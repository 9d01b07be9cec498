-- ===== src/Dfg/DepInfo/Parallel.antt =====
-- A loop that gives each node new dependency fields: it assigns to all nodes at once.
use he_mai_a.Prelude.{
  ℕ, ◌≡◌, refl, sym, ◌∙◌, true, false, List, [], ◌∷◌, arith, ◌==◌, foldl, Bool-cases, inl, inr,
  subst, ==_refl,
}
use he_mai_a.Prelude.Members.{contains, IsDistinct}
use he_mai_a.Node.{BingoNode, is_dummy_set, is_dummy_check}
use he_mai_a.Dfg.{Dfg}

-- What the loops read of other nodes.
pub record Alike (a b : BingoNode) : Type 0 where
  pub same_chiplet : a.assigned_chiplet_id ≡ b.assigned_chiplet_id
  pub same_cluster : a.assigned_cluster_id ≡ b.assigned_cluster_id
  pub same_core : a.assigned_core_id ≡ b.assigned_core_id
  pub same_type : a.node_type ≡ b.node_type
  pub same_set : is_dummy_set a ≡ is_dummy_set b
  pub same_check : is_dummy_check a ≡ is_dummy_check b

pub Alike-refl : (a : BingoNode) → Alike a a
Alike-refl a = record {
  same_chiplet = refl;
  same_cluster = refl;
  same_core = refl;
  same_type = refl;
  same_set = refl;
  same_check = refl;
}

Alike-trans : (a b c : BingoNode) → Alike a b → Alike b c → Alike a c
Alike-trans a b c p q = record {
  same_chiplet = p.same_chiplet ∙ q.same_chiplet;
  same_cluster = p.same_cluster ∙ q.same_cluster;
  same_core = p.same_core ∙ q.same_core;
  same_type = p.same_type ∙ q.same_type;
  same_set = p.same_set ∙ q.same_set;
  same_check = p.same_check ∙ q.same_check;
}

module _ {G : Type 0} (step : Dfg G → ℕ → Dfg G) (value : Dfg G → ℕ → BingoNode)
    (same_graph : (s : Dfg G) (r : ℕ) → (step s r).graph ≡ s.graph)
    (own : (s : Dfg G) (r : ℕ) → (step s r).heap r ≡ value s r)
    (others : (s : Dfg G) (r x : ℕ) → (r == x) ≡ false → (step s r).heap x ≡ s.heap x)
    (alike : (s : Dfg G) (r : ℕ) → Alike (value s r) (s.heap r))
    (stable : (s u : Dfg G) (r : ℕ)
      → u.graph ≡ s.graph
      → ((x : ℕ) → Alike (u.heap x) (s.heap x))
      → u.heap r ≡ s.heap r
      → value u r ≡ value s r) where
  step-Alike : (s : Dfg G) (r x : ℕ) → Alike ((step s r).heap x) (s.heap x)
  step-Alike s r x = elim (Bool-cases (r == x)) [
    | inl e ↦
        let same : r ≡ x = ground arith in
        subst (λ y. Alike ((step s r).heap y) (s.heap y)) same
          (subst (λ n. Alike n (s.heap r)) (sym (own s r)) (alike s r))
    | inr e ↦ subst (λ n. Alike n (s.heap x)) (sym (others s r x e)) (Alike-refl (s.heap x))
  ]

  pub loop_assigns :
      (rs : List ℕ) (s u : Dfg G)
      → IsDistinct rs
      → u.graph ≡ s.graph
      → ((x : ℕ) → Alike (u.heap x) (s.heap x))
      → ((x : ℕ) → contains rs x ≡ true → u.heap x ≡ s.heap x)
      → ((foldl step u rs).graph ≡ s.graph)
        × ((x : ℕ) → contains rs x ≡ true → (foldl step u rs).heap x ≡ value s x)
        × ((x : ℕ) → contains rs x ≡ false → (foldl step u rs).heap x ≡ u.heap x)
  loop_assigns [] s u d g a same = (g, λ x m. absurd (ground arith), λ x m. refl)
  loop_assigns (r ∷ rs) s u d g a same =
      let t = step u r in
      let apart = λ (x : ℕ) (m : contains rs x ≡ true). others u r x (ground (arith, d.0)) in
      let (g2, new, old) =
        loop_assigns rs s t d.1 (same_graph u r ∙ g)
          (λ x. Alike-trans (t.heap x) (u.heap x) (s.heap x) (step-Alike u r x) (a x))
          (λ x m. apart x m ∙ same x (ground arith)) in
      let here : (foldl step t rs).heap r ≡ value s r =
        old r d.0 ∙ own u r ∙ stable s u r g a (same r (ground (arith, ==_refl r))) in
      (
        g2,
        λ x m. elim (Bool-cases (r == x)) [
          | inl e ↦
              let eq : r ≡ x = ground arith in
              subst (λ y. (foldl step t rs).heap y ≡ value s y) eq here
          | inr e ↦ new x (ground arith)
        ],
        λ x m. old x (ground arith) ∙ others u r x (ground arith),
      )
+-------+
[Problem details] Looking back over the data above, restate word for word the lines that begin at the line with "let t = step u r in" and end at the line with "old r d.0 ∙", inclusive.

[Task response]
      let t = step u r in
      let apart = λ (x : ℕ) (m : contains rs x ≡ true). others u r x (ground (arith, d.0)) in
      let (g2, new, old) =
        loop_assigns rs s t d.1 (same_graph u r ∙ g)
          (λ x. Alike-trans (t.heap x) (u.heap x) (s.heap x) (step-Alike u r x) (a x))
          (λ x m. apart x m ∙ same x (ground arith)) in
      let here : (foldl step t rs).heap r ≡ value s r =
        old r d.0 ∙ own u r ∙ stable s u r g a (same r (ground (arith, ==_refl r))) in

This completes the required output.